We do have some users that have found that sent email is not getting saved to their 'Sent Messages' mailbox and hasn't been since the date of the original issue. Rebuilding their mailbox (currently using sudo mailbfr -m username
as it does some extra permissions fixed in addition to the sudo /usr/bin/cyrus/bin/reconstruct -r user/username
that I'd normally run) seems to allow newly sent email to be saved to it, but I'm having trouble finding a correlation between that issue and this one (or any other errors in the logs).
Any suggestions would be greatly appreciated. Is is really crashing trying to delete messages? Should I just rebuild all users' mailboxes individually? I really do not want to rebuild the Cyrus database in its entirety and lose all flagged/read status for all messages.

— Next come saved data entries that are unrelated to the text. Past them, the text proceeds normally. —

-- ===== src/Cuda/BranchSplit/Runs.antt =====
-- `split_static_search` against the specification of a split search.
use cycle_enumeration_gpu.Prelude.{
  ℕ, zero, suc, ◌<◌, ◌≡◌, refl, ap, ◌∙◌, true, false, ◌&&◌, List, [], ◌∷◌, ◌++◌, append-nil, Option,
  leb, ltb, ◌==◌, length, tail, mem, set, map, flat_map, range, All-range, arith, inl, inr,
  Bool-cases, Result, ok, err, ◌>>=◌, ◌>>◌, throw_if, invalid_argument,
}
use cycle_enumeration_gpu.Core.Histogram.{CycleHistogram, no_cycles, increment_all}
use cycle_enumeration_gpu.Core.Histogram.Laws.{increment_all-nil, increment_all-one}
use cycle_enumeration_gpu.Core.GraphView.{AdjacencyEntry, GraphView}
use cycle_enumeration_gpu.Core.GraphView.Rows.{IsValid, outgoing_of, row_lem, row_of-All}
use cycle_enumeration_gpu.Cycles.{at_limit, cycle_length, cycles_via, tally}
use cycle_enumeration_gpu.Cycles.Marks.{
  marks, get-marks, set-marks, unset-marks, replicate-marks, spare, spare-cons, spare-nil,
}
use cycle_enumeration_gpu.Cycles.Views.{successors, tally-successors}
use cycle_enumeration_gpu.Cycles.Runs.{for_each-Runs, tally-flat_map, flat_map-map}
use cycle_enumeration_gpu.Cuda.BranchSplit.{
  SplitWorkItem, Expansion, expand_edge, expand, split_root, split_static_search, refuses,
}
use cycle_enumeration_gpu.Cuda.BranchSplit.Parts.{
  goes_on_any, closed_from, prefixes_via, prefixes_from, closed_all, prefixes_all,
}
use cycle_enumeration_gpu.Cuda.BranchSplit.Work.{
  item, expanding, after_all-items, prefix_has_work_lem,
}

module _ (g : GraphView) (limit : Option ℕ) (cutoff root : ℕ) where
  -- What the call of `expand` at a new vertex is to do.
  abbrev Explores :
      (Expansion → Result Expansion)
      → (closed prefixes : ℕ → List ℕ → List (List ℕ)) → List ℕ
      → Type 0
  Explores call closed prefixes path =
      (v : ℕ) (h : CycleHistogram) (items : List SplitWorkItem)
      → v < g.vertex_count
      → mem v path ≡ false
      → call (expanding g.vertex_count (v ∷ path) h items) ≡ (
          increment_all (tally (closed v (v ∷ path))) h >>= λ h'.
          ok (expanding g.vertex_count (v ∷ path) h' (items ++ map item (prefixes v (v ∷ path)))))

  call_returns :
      (call : Expansion → Result Expansion) (closed prefixes : ℕ → List ℕ → List (List ℕ))
      (path : List ℕ)
      → Explores call closed prefixes path
      → (v : ℕ) (h : CycleHistogram) (items : List SplitWorkItem) → v < g.vertex_count
      → mem v path ≡ false
      → (call (record (expanding g.vertex_count path h items) {
        visited = set (marks g.vertex_count path) v true;
        path = v ∷ path;
      })
          >>= λ t. ok (record t { path = tail t.path; visited = set t.visited v false }))
        ≡ (increment_all (tally (closed v (v ∷ path))) h >>= λ h'.
            ok (expanding g.vertex_count path h' (items ++ map item (prefixes v (v ∷ path)))))
  call_returns call closed prefixes path calls v h items lt new =
      rw (set-marks g.vertex_count v path, calls v h items lt new)
        (elim (increment_all (tally (closed v (v ∷ path))) h)
          as (λ r.
            (r
              >>= (λ h'. ok (
                  expanding g.vertex_count (v ∷ path) h'
                    (items ++ map item (prefixes v (v ∷ path)))))
              >>= λ t. ok (record t { path = tail t.path; visited = set t.visited v false }))
            ≡ (r >>= λ h'.
                ok
                  (expanding g.vertex_count path h' (items ++ map item (prefixes v (v ∷ path)))))) [
                    | ok h' ↦ rw (unset-marks g.vertex_count v path new)
                    | err x ↦ refl
                  ])

  expand_edge-Runs :
      (call : Expansion → Result Expansion) (closed prefixes : ℕ → List ℕ → List (List ℕ))
      (path : List ℕ)
      → Explores call closed prefixes path
      → (e : AdjacencyEntry) (h : CycleHistogram) (items : List SplitWorkItem)
      → e.vertex < g.vertex_count
      → expand_edge g limit root call e (expanding g.vertex_count path h items) ≡ (
          increment_all (tally (cycles_via (successors g) limit root closed path e.vertex)) h
          >>= λ h'. ok (
              expanding g.vertex_count path h' (
                items
                ++ map item
                    (prefixes_via (successors g) limit cutoff root prefixes path e.vertex))))
  unfolding expand_edge
  expand_edge-Runs call closed prefixes path calls e h items lt =
      elim (Bool-cases (e.vertex == root && leb 2 (length path))) [
        | inl closes ↦ rw (closes, increment_all-one (cycle_length path) 1 h, append-nil items)
        | inr open_ ↦ rw open_ (elim (Bool-cases (leb e.vertex root)) [
          | inl below ↦ rw (below, increment_all-nil h, append-nil items)
          | inr above ↦
              rw (above, get-marks g.vertex_count e.vertex path lt)
                (elim (Bool-cases (mem e.vertex path)) [
                  | inl seen ↦ rw (seen, increment_all-nil h, append-nil items)
                  | inr new ↦ rw new (elim (Bool-cases (at_limit limit (length path))) [
                    | inl far ↦ rw (far, increment_all-nil h, append-nil items)
                    | inr near ↦
                        rw near
                          (call_returns call closed prefixes path calls e.vertex h items lt new)
                  ])
                ])
        ])
      ]

  expand-Runs :
      IsValid g
      → (fuel v : ℕ) (p : List ℕ) (h : CycleHistogram) (items : List SplitWorkItem)
      → v < g.vertex_count
      → spare g.vertex_count (v ∷ p) < fuel
      → expand g limit root fuel cutoff (expanding g.vertex_count (v ∷ p) h items) ≡ (
          increment_all (tally (closed_from (successors g) limit cutoff root fuel v (v ∷ p))) h
          >>= λ h'. ok (
              expanding g.vertex_count (v ∷ p) h' (
                items ++ map item (prefixes_from (successors g) limit cutoff root fuel v (v ∷ p)))))
  unfolding expand closed_from prefixes_from
  expand-Runs valid zero v p h items lt f = absurd (omega arith)
  expand-Runs valid (suc fuel) v p h items lt f = elim (Bool-cases (length (v ∷ p) == cutoff)) [
    | inl cut ↦
        rw (cut, prefix_has_work_lem g limit cutoff root v p valid lt, increment_all-nil h)
          (elim (Bool-cases
            (goes_on_any (successors g) limit cutoff root (v ∷ p) (successors g v))) [
              | inl on ↦ rw on refl
              | inr off ↦ rw (off, append-nil items) refl
            ])
    | inr uncut ↦
        let closed = closed_from (successors g) limit cutoff root fuel in
        let prefixes = prefixes_from (successors g) limit cutoff root fuel in
        let calls : Explores (expand g limit root fuel cutoff) closed prefixes (v ∷ p) =
          λ w h' items' ltw new.
            expand-Runs valid fuel w (v ∷ p) h' items' ltw
              (omega (arith, spare-cons g.vertex_count w (v ∷ p) ltw new)) in
        rw
          (
            uncut,
            row_lem valid.outgoing v lt,
            tally-successors (cycles_via (successors g) limit root closed (v ∷ p))
                (outgoing_of g v),
            flat_map-map (prefixes_via (successors g) limit cutoff root prefixes (v ∷ p))
                (λ (e : AdjacencyEntry). e.vertex) (outgoing_of g v),
          )
          (for_each-Runs (expand_edge g limit root (expand g limit root fuel cutoff))
              (λ (e : AdjacencyEntry).
                tally (cycles_via (successors g) limit root closed (v ∷ p) e.vertex))
              (λ h' c. expanding g.vertex_count (v ∷ p) h' c)
              (λ e c.
                c
                ++ map item
                    (prefixes_via (successors g) limit cutoff root prefixes (v ∷ p) e.vertex))
              (λ e. e.vertex < g.vertex_count)
              (λ e h' c lte.
                expand_edge-Runs (expand g limit root fuel cutoff) closed prefixes (v ∷ p) calls e
                  h' c lte)
              (outgoing_of g v) h items
              (row_of-All _ g.outgoing_offsets g.outgoing_edges v valid.targets)
            ∙ ap
                (λ (c : List SplitWorkItem).
                  increment_all
                    (flat_map
                      (λ (e : AdjacencyEntry).
                        tally (cycles_via (successors g) limit root closed (v ∷ p) e.vertex))
                      (outgoing_of g v))
                    h
                  >>= λ h'. ok (expanding g.vertex_count (v ∷ p) h' c))
                (after_all-items
                  (λ (e : AdjacencyEntry).
                    prefixes_via (successors g) limit cutoff root prefixes (v ∷ p) e.vertex)
                  (outgoing_of g v) items))
  ]

  split_root-Runs :
      IsValid g
      → (h : CycleHistogram) (items : List SplitWorkItem) → root < g.vertex_count
      → split_root g limit cutoff root (record { items = items; closed = h }) ≡ (
          increment_all
            (tally (closed_from (successors g) limit cutoff root g.vertex_count root (root ∷ [])))
            h
          >>= λ h'. ok (record {
            items =
                items
                ++ map item (
                    prefixes_from (successors g) limit cutoff root g.vertex_count root (root ∷ []));
            closed = h';
          }))
  unfolding split_root
  split_root-Runs valid h items lt =
      let n = g.vertex_count in
      rw
        (
          replicate-marks n,
          set-marks n root [],
          expand-Runs valid n root [] h items lt
              (omega (arith, spare-cons n root [] lt refl, spare-nil n)),
        )
        (elim (increment_all
            (tally (closed_from (successors g) limit cutoff root n root (root ∷ []))) h)
          as (λ r.
            (r
              >>= (λ h'. ok (
                  expanding n (root ∷ []) h' (
                    items
                    ++ map item
                        (prefixes_from (successors g) limit cutoff root n root (root ∷ [])))))
              >>= λ t. ok t.out)
            ≡ (r >>= λ h'. ok (record {
              items =
                  items
                  ++ map item (prefixes_from (successors g) limit cutoff root n root (root ∷ []));
              closed = h';
            }))) [ ok h' ↦ refl | err x ↦ refl ])

pub split_static_search_lem :
    (g : GraphView) (cutoff : ℕ) (limit : Option ℕ)
    → IsValid g
    → split_static_search g cutoff limit ≡ (
        throw_if (ltb cutoff 2) invalid_argument
        >> (throw_if (refuses limit) invalid_argument
            >> (increment_all
                  (tally (closed_all (successors g) limit cutoff g.vertex_count))
                  no_cycles
                >>= λ h. ok (record {
                  items = map item (prefixes_all (successors g) limit cutoff g.vertex_count);
                  closed = h;
                }))))
unfolding split_static_search closed_all prefixes_all
split_static_search_lem g cutoff limit valid =
    let n = g.vertex_count in
    let closed = λ (root : ℕ). closed_from (successors g) limit cutoff root n root (root ∷ []) in
    let prefixes =
      λ (root : ℕ). prefixes_from (successors g) limit cutoff root n root (root ∷ []) in
    let loop =
      for_each-Runs (split_root g limit cutoff) (λ root. tally (closed root))
        (λ h items. record { items = items; closed = h })
        (λ root items. items ++ map item (prefixes root)) (λ root. root < n)
        (λ root h items. split_root-Runs g limit cutoff root valid h items) (range n) no_cycles []
        (All-range n) in
    rw (loop, tally-flat_map closed (range n), after_all-items prefixes (range n) [])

I believe that corrupted blocks went to incorrect db indexes which are causing crashes while storing new data. Except of rebuilding database there is not much you can do. You can backup users .seen files and try to use them, but test this idea on test user. Honestly I think that harrdrive with bad blocks should be removed from the server as soon as possible anyway
I solved this issue long ago.
I don't remember the exact commands, but I found a way to reasonably correlate a specific crash to a specific user, at which point I could then run
mailbfr -m
to rebuild that user's mailbox. Eventually I was able to rebuild all of the problem mailboxes and rid the server of the issue.